# ¡¡Feliz cumpleaños, bondia!



## la_machy

Con todo cariño espero que estés pasando un hermoso día, y que te diviertas mucho, querida bondia.
Gracias por pertencer a WR.
Que cumplas muchos, muchos más.

_Esto es para ti_ (click).

Un abrazote,
Marie


----------



## MonikaUSA

Happy Birthday, bondia! Keep up the good work. I always enjoy seeing your posts and thoughtful contributions to the Forum!! Hope you have a great day. 

Here's to health and happiness!

Monika


----------



## Vanda

Bom dia, Bondia! 

Feliz aniversário!


----------



## turi

Que haya sido un magnífico día, o sigui, un molt bon día!!!

I que en siguin molts mès!!

Saludos,

Juan


----------



## rusita preciosa

Yay, Bondia!
Feliz cumpleaños!
Always love to read your hilarious posts!


----------



## romarsan

Muchas felicidades Bondía.
Que tengas una bonita entrada en el 2011.
Besotes


----------



## aldonzalorenzo

Pe-pe-pe ro ¡¡Bondia!! ¿Cuándo ha sido tu cumpleaños? ¿El día de los inocentes? ¡¡Y no nos dijiste nada!!
Acabo de leer este hilo y me sumo, mocete gordinflón, a las muchísimas felicidades por tu cumple, de verdad. 

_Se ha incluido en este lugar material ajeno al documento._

-- ===== src/Worker/Parts.antt =====
-- src/obsidian_git_sync/git_ops.py: what each command of a cycle leaves to follow.
use obsidian_git_sync_mcp.Common.{
  ◌≡◌, ◌≢◌, refl, ◌∙◌, Bool, true, false, not, List, [], ◌∷◌, ◌++◌, Run, returned, raised, final,
  pure, ◌>>◌, Option-cases, inl, inr,
}
use obsidian_git_sync_mcp.Common.Ends
use obsidian_git_sync_mcp.Common.Ends.{Ends}
use obsidian_git_sync_mcp.Text.{Text, codes}
use obsidian_git_sync_mcp.Numeral.{pos}
use obsidian_git_sync_mcp.Host
use obsidian_git_sync_mcp.Host.{Env, Io, Trace, Code, timeout, GitResult, is_ok}
use obsidian_git_sync_mcp.GitOps
use obsidian_git_sync_mcp.GitOps.{GitOps, argv, identity_args}
use obsidian_git_sync_mcp.History.{
  Command, commands, operands, ending, exited_with, lost, succeeded,
}
use obsidian_git_sync_mcp.History.Verbs.{operands-argv, operands-identity_args}
use obsidian_git_sync_mcp.Worker.{State, record_failure, record_clean}
use obsidian_git_sync_mcp.Worker.Reports.{dir_args, record_failure-Kept}
use obsidian_git_sync_mcp.Worker.Script.{
  Part, asked_again, committed, reported, behind, follows, ends, reported-ends, Says, Ready, Done,
  Ran, replied,
}

-- A result that is fine, or not, has such an ending.
pub ending-ok : (r : GitResult) → is_ok r ≡ true → ending (Host.exited r) ≡ succeeded
unfolding ending
ending-ok r e = rw e

pub ending-bad :
    (r : GitResult) → is_ok r ≡ false → ending (Host.exited r) ≡ exited_with (Host.rc r.rc)
unfolding ending
ending-bad r e = rw e

eq-false_of_not : (b : Bool) → not b ≡ true → b ≡ false
eq-false_of_not true e = cc
eq-false_of_not false e = refl

eq-true_of_not : (b : Bool) → not b ≡ false → b ≡ true
eq-true_of_not true e = refl
eq-true_of_not false e = cc

true_ne : true ≢ false
true_ne e = cc

module _ (env : Env) (stage : List Text) (IsMessage : Text → Type 0) (h : List Command) where
  abbrev pub Open : Part → List Command → Type 0
  Open p cs = Ready stage IsMessage h p cs

  abbrev pub Over : List Command → Type 0
  Over cs = Done stage IsMessage h cs

  abbrev pub Broken : State → Type 0
  Broken s = Open reported (commands s.trace)

  -- What may be reported is over.
  pub Open-Over : (cs : List Command) → Open reported cs → Over cs
  Open-Over cs (o, (a, m)) = (o, (a, reported-ends o m))

  pub Ran-Open :
      (p q : Part) (r : GitResult) (cs : List Command)
      → follows (behind p (ending (Host.exited r))) q ≡ true
      → Ran stage IsMessage h p r cs
      → Open q cs
  Ran-Open p q r cs m a = (behind p _, (a, m))

  pub runs :
      (p : Part) (g : GitOps) (args : List Text) (t : Trace)
      → Says stage IsMessage p (operands (argv g args))
      → follows (behind p (exited_with timeout)) reported ≡ true
      → follows (behind p lost) reported ≡ true
      → Open p (commands t)
      → Ends
          (λ r u. Ran stage IsMessage h p r (commands u))
          (λ u. Open reported (commands u))
          (GitOps.run env g args t)
  unfolding GitOps.run
  runs p g args t says k l r =
      replied stage IsMessage h p (argv g args) t (env.git t (argv g args)) says k l r

  asks_dir :
      (g : GitOps) (t : Trace)
      → Open reported (commands t)
      → Open reported (commands (final (GitOps.run env g dir_args t)))
  asks_dir g t r =
      go _ (
        runs reported g dir_args t (operands-argv g dir_args ∙ unfold operands in refl) refl refl r)
    where
      go :
          (x : Run Trace GitResult)
          → Ends
              (λ r u. Ran stage IsMessage h reported r (commands u))
              (λ u. Open reported (commands u))
              x
          → Open reported (commands (final x))
      go (returned a u) k = (behind reported _, (k, refl))
      go (raised e u) k = k

  -- A failure's report, and the value behind it.
  pub gives_up :
      {A : Type 0} (R : A → State → Type 0) (a : A)
      → ((u : State) → Broken u → R a u)
      → (what : Text) (code : Code) (s : State) → Broken s
      → Ends R Broken ((record_failure env what code >> pure a) s)
  gives_up R a k what code s r =
      Ends.seq Broken (λ b. Broken) R s (record_failure env what code) (pure a)
        (Ends.of_final Broken (record_failure env what code s)
          (record_failure-Kept env (Open reported) asks_dir what code s r))
        (λ b u j. k u j)

  pub record_clean-Over :
      (s : State)
      → Over (commands s.trace)
      → Ends (λ a u. Over (commands u.trace)) Broken (record_clean env s)
  unfolding record_clean commands
  record_clean-Over s o = elim (Option-cases s.worker.degraded_rc) [
    | inl e ↦ rw (e, record_clean) o
    | inr (code, e) ↦ rw (e, record_clean) o
  ]

  abbrev pub diff_args : List Text
  diff_args = codes "diff" ∷ codes "--cached" ∷ codes "--quiet" ∷ []

  -- What the answer of `has_staged` allows, where `q` is what follows a yes.
  abbrev pub Answered : Part → Bool → List Command → Type 0
  Answered q something cs = (something ≡ false → Over cs) × (something ≡ true → Open q cs)

  pub has_staged-Answered :
      (p q : Part) (g : GitOps) (t : Trace)
      → Says stage IsMessage p (operands (argv g diff_args))
      → follows (behind p (exited_with timeout)) reported ≡ true
      → follows (behind p lost) reported ≡ true
      → ends (behind p succeeded) ≡ true
      → ((z : _) → follows (behind p (exited_with (Host.rc z))) q ≡ true)
      → Open p (commands t)
      → Ends
          (λ b u. Answered q b (commands u))
          (λ u. Open reported (commands u))
          (GitOps.has_staged env g t)
  unfolding GitOps.has_staged
  has_staged-Answered p q g t says k l n m o =
      Ends.bind (λ u. Open reported (commands u)) (λ r u. Ran stage IsMessage h p r (commands u))
        (λ b u. Answered q b (commands u)) t (GitOps.run env g diff_args)
        (λ r. pure (not (is_ok r))) (runs p g diff_args t says k l o)
        (λ r u a. (
          λ e. (behind p _, (a, rw (ending-ok r (eq-true_of_not (is_ok r) e)) n)),
          λ e.
              Ran-Open p q r (commands u) (rw (ending-bad r (eq-false_of_not (is_ok r) e)) (m r.rc))
                a,
        ))

  pub diff_said : (g : GitOps) → operands (argv g diff_args) ≡ diff_args
  unfolding operands argv
  diff_said g = refl

  -- The result of `commit`: what is not fine is reported.
  abbrev pub Committed : GitResult → List Command → Type 0
  Committed r cs = Over cs × (is_ok r ≡ false → Open reported cs)

  abbrev pub commit_args : GitOps → Text → List Text
  commit_args g message = identity_args g ++ (codes "commit" ∷ codes "-m" ∷ message ∷ [])

  commit_said :
      (g : GitOps) (message : Text)
      → operands (argv g (commit_args g message)) ≡ codes "commit" ∷ codes "-m" ∷ message ∷ []
  commit_said g message =
      operands-argv g (commit_args g message)
      ∙ (operands-identity_args g (codes "commit" ∷ codes "-m" ∷ message ∷ [])
          ∙ unfold operands in refl)

  pub commit-Committed :
      (g : GitOps) (message : Text) (t : Trace)
      → IsMessage message
      → Open asked_again (commands t)
      → Ends
          (λ r u. Committed r (commands u))
          (λ u. Open reported (commands u))
          (GitOps.commit env g message t)
  unfolding GitOps.commit
  commit-Committed g message t says o =
      Ends.bind (λ u. Open reported (commands u)) (λ b u. Answered committed b (commands u))
        (λ r u. Committed r (commands u)) t (GitOps.has_staged env g) _
        (has_staged-Answered asked_again committed g t (diff_said g) refl refl refl (λ z. refl) o)
        go
    where
      sent :
          (r : GitResult) (cs : List Command)
          → Ran stage IsMessage h committed r cs
          → Committed r cs
      sent r cs a = (
        (behind committed _, (a, refl)),
        λ e. Ran-Open committed reported r cs (rw (ending-bad r e) refl) a,
      )

      go :
          (something : Bool) (u : Trace)
          → Answered committed something (commands u)
          → Ends
              (λ r v. Committed r (commands v))
              (λ v. Open reported (commands v))
              ((elim something as (λ b. Io GitResult) [
                | true ↦
                    GitOps.run env g
                      (identity_args g ++ (codes "commit" ∷ codes "-m" ∷ message ∷ []))
                | false ↦ pure (record { rc = pos 0; stdout = []; stderr = codes "nothing staged" })
              ])
                u)
      go true u (over, yes_then) =
          Ends.weaken (λ v. Open reported (commands v))
            (λ r v. Ran stage IsMessage h committed r (commands v))
            (λ r v. Committed r (commands v)) (GitOps.run env g (commit_args g message) u)
            (λ r v. sent r (commands v))
            (runs committed g (commit_args g message) u (message, (says, commit_said g message))
              refl refl (yes_then refl))
      go false u (over, yes_then) = (over refl, λ e. absurd (true_ne e))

PD: Ya estoy haciendo las maletas para marzo.


----------



## bondia

la machy, MonikaUSA, Vanda, turissa, rusita preciosa, romarsan, aldonzalorenzo........

....... ¡¡¡INOCENTES!!!

*My* birthday is April 11th, but my new avatar was born on December 28th.
(I later changed the date back on my profile.)

Thank you all!!!


----------



## Vanda

hahhahaha, I've fallen for that.


----------



## bondia

Vanda said:


> hahhahaha, I've fallen for that.


 
Desculpa la piada  (correto?)


----------



## Vanda

bondia said:


> Desculpa la a piada  (correto?)



Quase! Adoro uma boa risada.


----------



## bondia

Vanda said:


> Quase! Adoro uma boa risada.


 
Eu também!  Happy (and laughterful) New Year, Vanda


----------



## romarsan

bondia said:


> la machy, MonikaUSA, Vanda, turissa, rusita preciosa, romarsan, aldonzalorenzo........
> 
> ....... ¡¡¡INOCENTES!!!
> 
> *My* birthday is April 11th, but my new avatar was born on December 28th.
> (I later changed the date back on my profile.)
> 
> Thank you all!!!






Jejeje, me hiciste reir Bondía. 
Aprovecho para felicitarte (felicitaros) el Año Nuevo.
Abrazotes


----------



## turi

romarsan said:


> Jejeje, me hiciste reir Bondía.
> Aprovecho para felicitarte (felicitaros) el Año Nuevo.
> Abrazotes



Mejor inocente que lo otro, no??

Me uno a los deseos de Ro, y también os deseo un feliz 2011!!

Saludos a todos!!

t.


----------



## Nanon

Vanda said:


> Bom dia, Bondia!


Só um? Um 2011 repleto de bons dias! 
Y de paso, gracias por habernos hecho reìr.
¡Besos!


----------



## la_machy

bondia said:


> la machy, MonikaUSA, Vanda, turissa, rusita preciosa, romarsan, aldonzalorenzo........
> 
> ....... ¡¡¡INOCENTES!!!
> 
> *My* birthday is April 11th, but my new avatar was born on December 28th.
> (I later changed the date back on my profile.)
> 
> Thank you all!!!


 
You´re such a naughty girl, bondia!!! 

Bueno, al menos ya sabes que te queremos mucho, y de eso_ no_ somos INOCENTES .

¡Feliz 2011!


----------



## bondia

la_machy said:


> You´re such a naughty girl, bondia!!!
> If you only knew
> 
> 
> Bueno, al menos ya sabes que te queremos mucho, y de eso_ no_ somos INOCENTES .
> Si, desde luego, me habéis dado una alegría enorme
> 
> ¡Feliz 2011!
> ¡Lo mismo digo!, y hasta muy pronto, espero


----------



## lablady

bondia said:


> la machy, MonikaUSA, Vanda, turissa, rusita preciosa, romarsan, aldonzalorenzo........
> 
> ....... ¡¡¡INOCENTES!!!
> 
> *My* birthday is April 11th, but my new avatar was born on December 28th.
> (I later changed the date back on my profile.)
> 
> Thank you all!!!


 And here I thought I had missed the celebration and was in the process of mentally composing a "mea culpa" post. It's a good thing I read the rest of the thread before I made a fool of myself (it wouldn't be the first time).

Oh Bondia, Bondia,.... 

Congrats on your new avatar.


----------



## XiaoRoel

Felicidades.


----------



## bondia

XiaoRoel said:


> Felicidades.


 
¡Gracias XiaoRoel! 
Si lees los posts anteriores, verás que se trató de una _inocentada _inspirada en el cambio de avatares sugerido por Aldonzalorenzo el día 28 de diciembre...
Saludos


----------



## aldonzalorenzo

bondia said:


> Si lees los posts anteriores, verás que se trató de una _inocentada _inspirada en el cambio de avatares sugerido por Aldonzalorenzo el día 28 de diciembre...


¡Vaya! así que ahora tengo yo la culpa. Ay, madre, lo que hay que oír.


----------